Some optimization flags do affect the debuggability of the code, though; in particular,
-fomit-frame-pointer. In many architectures, the address of the current stack frame is kept in a separate register. This option disables that (so that the stack frame is then implicit, and local variables on stack are accessed via the stack pointer). On some architectures, this can make debugging much harder; according to documentation, impossible on some, but I'm not sure on which arches that is. Stack frames can still be described for each function via separate debugging data, for example when using DWARF formats (for the debugging data).
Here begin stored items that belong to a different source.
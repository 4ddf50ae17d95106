-- ===== src/Examples/Fixtures.antt =====
-- Small inputs: two events, a rule, an aggregator with a channel of two places, a table of rows.
use daemon_choir.Base.{ℕ, Bool, true, false, not, ltb, filter, String, List, [], ◌∷◌, refl}
use daemon_choir.Float.Fixed.{Fixed, fixed_f64}
use daemon_choir.Config.{OscBackendConfig, MappingRule, default_range}
use daemon_choir.Events.{ProbeId, RawEvent, EventPayload}
use daemon_choir.Metrics.{StateSnapshot, default_metrics}
use daemon_choir.Sync.Bounded.{Chan, chan_sender}
use daemon_choir.Db.{Param, Statement, Sqlite}
use daemon_choir.Db.Retention.{EventRow, SnapshotRow, IsSqlite}

abbrev pub switch_of : ℕ → RawEvent
switch_of latency = record {
  probe = ProbeId.cpu_sched;
  timestamp_ns = 7000;
  payload =
      EventPayload.cpu_sched
        (record { prev_comm_hash = 1; next_comm_hash = 2; latency_ns = latency; cpu_id = 0 });
}

abbrev pub packet_event : RawEvent
packet_event = record {
  probe = ProbeId.net_io;
  timestamp_ns = 9000;
  payload = EventPayload.net_io (record { bytes_tx = 100; bytes_rx = 200; dev_name_hash = 3 });
}

abbrev pub some_events : List RawEvent
some_events = switch_of 4000 ∷ packet_event ∷ switch_of 2500 ∷ []

abbrev pub chan_of : {A : Type 0} → ℕ → Chan A
chan_of n = record { items = []; room = n; shut = false }

abbrev pub first_snapshot : StateSnapshot Fixed
first_snapshot = record {
  timestamp_us = 0;
  window_ms = 50;
  stale = true;
  lost_events = 0;
  metrics = default_metrics;
}

abbrev pub two_rules : List (MappingRule Fixed)
two_rules =
    record {
      source_metric = "cpu.sched.latency_p95";
      osc_address = "/choir/cpu";
      transform = "linear";
      input_range = default_range;
      output_range = record { lo = 20_000_000; hi = 80_000_000 };
    }
    ∷ record {
      source_metric = "unheard_of";
      osc_address = "/choir/none";
      transform = "step";
      input_range = default_range;
      output_range = default_range;
    }
    ∷ []

abbrev pub backend_of : String → OscBackendConfig
backend_of address = record { name = "synth"; address = address }

-- two tables, as lists of rows
pub record Tables : Type 0 where
  pub events : List EventRow
  pub snapshots : List SnapshotRow

abbrev run_statement : Tables → Statement → List (Param Fixed) → Bool × Tables
run_statement t Statement.delete_events _ = (true, record t { events = [] })
run_statement t Statement.delete_snapshots _ = (true, record t { snapshots = [] })
run_statement t Statement.delete_events_before (Param.integer n ∷ []) =
    (true, record t { events = filter (λ r. not (ltb r.timestamp_ns n)) t.events })
run_statement t Statement.delete_snapshots_before (Param.integer n ∷ []) =
    (true, record t { snapshots = filter (λ r. not (ltb r.timestamp_us n)) t.snapshots })
run_statement t Statement.create_events _ = (true, t)
run_statement t Statement.create_snapshots _ = (true, t)
run_statement t _ _ = (false, t)

abbrev pub tables_sql : Sqlite Fixed Tables
tables_sql = record { execute = run_statement; to_json = λ p. "{}" }

abbrev pub tables_laws : IsSqlite tables_sql
tables_laws = record {
  events = λ t. t.events;
  snapshots = λ t. t.snapshots;
  delete_events_before = λ c bound e. (refl, refl);
  delete_snapshots_before = λ c bound e. (refl, refl);
  delete_events = λ c e. (refl, refl);
  delete_snapshots = λ c e. (refl, refl);
}

abbrev pub some_rows : Tables
some_rows = record {
  events =
      record { timestamp_ns = 1000; id = 1 } ∷ record { timestamp_ns = 90_000_000; id = 2 } ∷ [];
  snapshots = record { timestamp_us = 2; id = 1 } ∷ record { timestamp_us = 95_000; id = 2 } ∷ [];
}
Object files and especially final ELF binaries will contain a lot of extra information when debugging information is enabled. If your build facilities are such that the ELF files are stripped before uploaded to the target device (say, like in Arduino environment, or most environments targetting microcontrollers), it does not matter whether the compilation included debugging information in the object files or not (whether
-g was used or not); but the optimization options used does.
One nice thing about
-Og is that the compiled code should be the same regardless of whether debugging information is included or not via
-g, in the object files and final binaries. If one uses
-O2 or
-Os , and then switches to say
-O0 -g for debugging, the compiled code is usually different, making debugging problems more difficult than necessary. Also, both
-O2 and
-Os enable
-fomit-frame-pointer, affecting debuggability. I do believe it was the programmers' need for an optimization level that generates reasonably optimized code without affecting debuggability that caused GCC to grow support for
-Og in GCC 4.8 in 2013, I believe; but I'm not sure if Clang actually implemented it first and GCC users found how useful it is, or vice versa.
Since we're using the ELF file format for object files (and final binaries before converting to hex), knowing the structure of
ELF files can be very useful, since ELF files can contain all sorts of information, not just "code" and "data".
I often build things with "-nostdlib" flag, making sure no standard library functions are included.
Me too, but with GCC, it is not enough to avoid a dependency on memcpy(), memmove(), memset(), and memcmp(), because GCC expects these to be provided by even a freestanding environment; see the second-to-last paragraph in section 2.1,
GCC C-Language Standards in GCC documentation.
It is not too common for GCC (across its versions and compiler options) to turn loops into a call of one of the above, I think.
A bit of glue logic (even preprocessor macros detecting compile-time type or alignment, so that an optimized native-word-sized operations can be used) is usually enough to ensure it does not happen for a particular function implementation. When one does need these four functions anyway, or duplicates of them in the same project, the library-provided ones are
weak, and one can override those simply by implementing ones own, using the same function signature (including name).
If one defines them in the same compilation unit (file or files compiled in the same gcc/clang command), the pattern shown by ttt in
post #206 can be used to control the optimization flags; and the scriptlet I showed earlier can be used to verify the compiled object file contains no external dependencies.
Sometimes it can be worth the effort to implement these (separate variants for loop direction and access size for memcpy()/memmove(), separate access sizes for memset(), and only a byte-by-byte memcmp()) in
extended inline assembly (
asm volatile ("code" : outputs : inputs : clobbers); as the function body). If in the same compilation unit, I recommend using an
#include "memfuncs.c" so that the implementation is easy to change/select at build time, for example based on the hardware architecture. It also makes unit testing them (with a separate program) much easier.
Nominal Animal, I appreciate your input, because of our different views.
I too appreciate different views, especially when people describe the reasons for their different views (like you did, and members like ataradov and SiliconWizard and many others do), because that way I can learn. I know I don't
know really that much; but I can and am willing to learn. Never hesitate to correct me, if you believe I am in error; I very much appreciate that.
My communications style is far from optimal (verbose, sometimes looks like I'm trying to be more authoritative than I actually am, me occasionally fail English, and so on); but my attempt is always to describe my reasons, with my current opinion (based on those reasons) more like a side note than the focus, because my opinions change as I learn. But that sort of describing-the-reasons can sometimes appear as The List Of Facts, which they aren't; they're just the stuff I
currently am aware of.